**ABOUT THIS TASK**.
Number of lines with "tasks" in the listing: report it, and nothing else.

**EXTRACTED MATERIAL**.
● ● ● ● ● ● ●

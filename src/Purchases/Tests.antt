-- ===== src/Purchases/Tests.antt =====
-- A purchase that is scheduled and then handled by two runs of the scheduler.
use pulse_crm.Prelude.{ℕ, ◌≡◌, refl, String, true, false, none, [], ◌∷◌, ok, aware, find?, count}
use pulse_crm.Purchases.{
  PurchaseSchedule, PurchaseTaskResult, PurchaseStore, Purchase, own_schedule, new_schedule,
  create_purchase_schedule, ensure_purchase_task, insert_schedule,
}
use pulse_crm.Purchases.Linked.{scheduled, IsLinked, PurchaseStep-IsLinked, has_task}
use pulse_crm.Purchases.Ensured.{IsEnsured, ensure_purchase_task_again}

abbrev named : ℕ → String
named id = "id"

abbrev purchase : Purchase
purchase = record {
  workspace_id = 1;
  deal_id = 4;
  contact_id = none;
  assignee_id = 2;
  scheduled_for = aware 900;
  remind_at = aware 800;
}

abbrev schedule : PurchaseSchedule
schedule = new_schedule 7 purchase 900 800

abbrev empty : PurchaseStore
empty = record { schedules = []; tasks = []; events = [] }

abbrev planned : PurchaseStore
planned = record { schedules = schedule ∷ []; tasks = []; events = [] }

PurchaseStep-IsLinked_example : IsLinked planned
unfolding create_purchase_schedule insert_schedule find? count
PurchaseStep-IsLinked_example =
    PurchaseStep-IsLinked named empty planned (scheduled 7 purchase schedule true planned tt refl)
      (tt, tt, refl)

ensure_purchase_task_again_example :
    (r : PurchaseTaskResult) × (s' : PurchaseStore) × (ensure_purchase_task named 30 850 1 7 "Call"
        planned
      ≡ ok (r, s'))
    × IsEnsured named 1 schedule planned r s'
    × (ensure_purchase_task named 31 860 1 7 "Again" s' ≡ ok (record r { created = false }, s'))
unfolding has_task count find? own_schedule
ensure_purchase_task_again_example =
    ensure_purchase_task_again named 30 850 31 860 1 7 "Call" "Again" schedule planned
      ((tt, tt), (refl, tt), refl) refl refl
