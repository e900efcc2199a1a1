-- ===== src/Users.antt =====
-- backend/app/api/auth.py: an owner or an administrator changes another member's name or role.
pub mod Owners
pub mod Updated
mod Tests
use pulse_crm.Prelude.{
  ℕ, ◌+◌, String, Bool, true, false, not, ◌&&◌, ◌||◌, Option, none, some, List, [], ◌∷◌, leb, ◌==◌,
  if◌then◌else◌, or_else, is_none, find?, any, count, update, Result, ok, err, http, raise_if,
  require, ◌>>=◌, ◌>>◌,
}
use pulse_crm.Models.{Role, owner, admin, is_owner, is_admin, role_eq, User, Membership}
use pulse_crm.Access.{Context}
use pulse_crm.Events.{Journal, record_audit_event, record_access_change, flag, text}

pub record Store : Type 0 where
  pub users : List User
  pub memberships : List Membership
  pub journal : Journal

-- `role_given` is `"role" in payload.model_fields_set`.
pub record UserUpdate : Type 0 where
  pub role_given : Bool
  pub role : Option Role
  pub full_name : Option String
  pub expected_version : ℕ

abbrev pub role_text : Role → String
role_text owner = "owner"
role_text admin = "admin"
role_text Role.manager = "manager"
role_text Role.employee = "employee"

unfoldable pub is_active_owner : List User → ℕ → Membership → Bool
is_active_owner users workspace_id m =
    m.workspace_id == workspace_id
    && is_owner m.role
    && any (λ (u : User). u.id == m.user_id && u.is_active) users

unfoldable pub active_owner_count : Store → ℕ → ℕ
active_owner_count s workspace_id = count (is_active_owner s.users workspace_id) s.memberships

abbrev pub is_elevated : Role → Bool
is_elevated r = is_owner r || is_admin r

unfoldable pub requested_role : UserUpdate → Membership → Result Role
requested_role p m =
    if p.role_given then require p.role (http 422 "role cannot be null") else ok m.role

-- What the caller may not do to the member, in the order of the checks.
unfoldable pub check_roles : Store → Context → ℕ → Membership → Role → Result (Unit {0})
check_roles s c user_id m requested = do
  raise_if (is_admin c.role && is_elevated m.role)
      (http 403 "administrators cannot edit owners or other administrators")
  raise_if (is_admin c.role && is_elevated requested)
      (http 403 "only the workspace owner can assign elevated roles")
  raise_if (user_id == c.user_id && not (role_eq requested m.role))
      (http 409 "self_role_change_forbidden")
  raise_if
      (is_owner m.role && not (is_owner requested) && leb (active_owner_count s c.workspace_id) 1)
      (http 409 "last_owner_required")

-- The row that the update takes, and its new values.
unfoldable pub is_current : Context → Membership → ℕ → Membership → Bool
is_current c m expected x =
    x.id == m.id && x.workspace_id == c.workspace_id && x.version == expected

unfoldable pub with_role : UserUpdate → Role → Membership → Membership
with_role p requested x = record x {
  role = if p.role_given then requested else x.role;
  version = p.expected_version + 1;
}

unfoldable pub rename : Option String → ℕ → List User → List User
rename none user_id users = users
rename (some name) user_id users =
    update (λ u. u.id == user_id) (λ u. record u { full_name = name }) users

unfoldable pub noted : Context → ℕ → UserUpdate → Membership → Role → Journal → Journal
noted c user_id p m requested journal =
    record_access_change c.workspace_id (some user_id ∷ []) "all" (
      record_audit_event
        (record {
          workspace_id = c.workspace_id;
          event_type = "user.updated";
          entity_type = "user";
          entity_id = user_id;
          actor_id = some c.user_id;
          payload =
              ("full_name_changed", flag (not (is_none p.full_name)))
              ∷ ("role_changed", flag (not (role_eq requested m.role)))
              ∷ ("role", text (role_text requested))
              ∷ [];
        })
        journal)

-- The statement of the update, and what follows it in the transaction.
-- `meanwhile` are the memberships as other requests have committed them since the checks.
unfoldable pub write_user :
    Store
    → Context
    → User
    → UserUpdate
    → Membership
    → Role
    → List Membership
    → Result (Membership × Store)
write_user s c user p m requested meanwhile = do
  let hit = is_current c m p.expected_version
  updated ← require (find? hit meanwhile) (http 409 "version_conflict")
  ok (
    with_role p requested updated,
    record {
      users = rename p.full_name user.id s.users;
      memberships = update hit (with_role p requested) meanwhile;
      journal = noted c user.id p m requested s.journal;
    },
  )

unfoldable pub update_user :
    Store → Context → ℕ → UserUpdate → List Membership → Result (Membership × Store)
update_user s c user_id p meanwhile = do
  user ← require (find? (λ u. u.id == user_id && u.is_active) s.users) (http 404 "user not found")
  m ←
      require (find? (λ m. m.workspace_id == c.workspace_id && m.user_id == user_id) s.memberships)
        (http 404 "user not found")
  requested ← requested_role p m
  check_roles s c user_id m requested
  write_user s c user p m requested meanwhile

● ● ● ● ● ● ●

**OUTPUT**.
2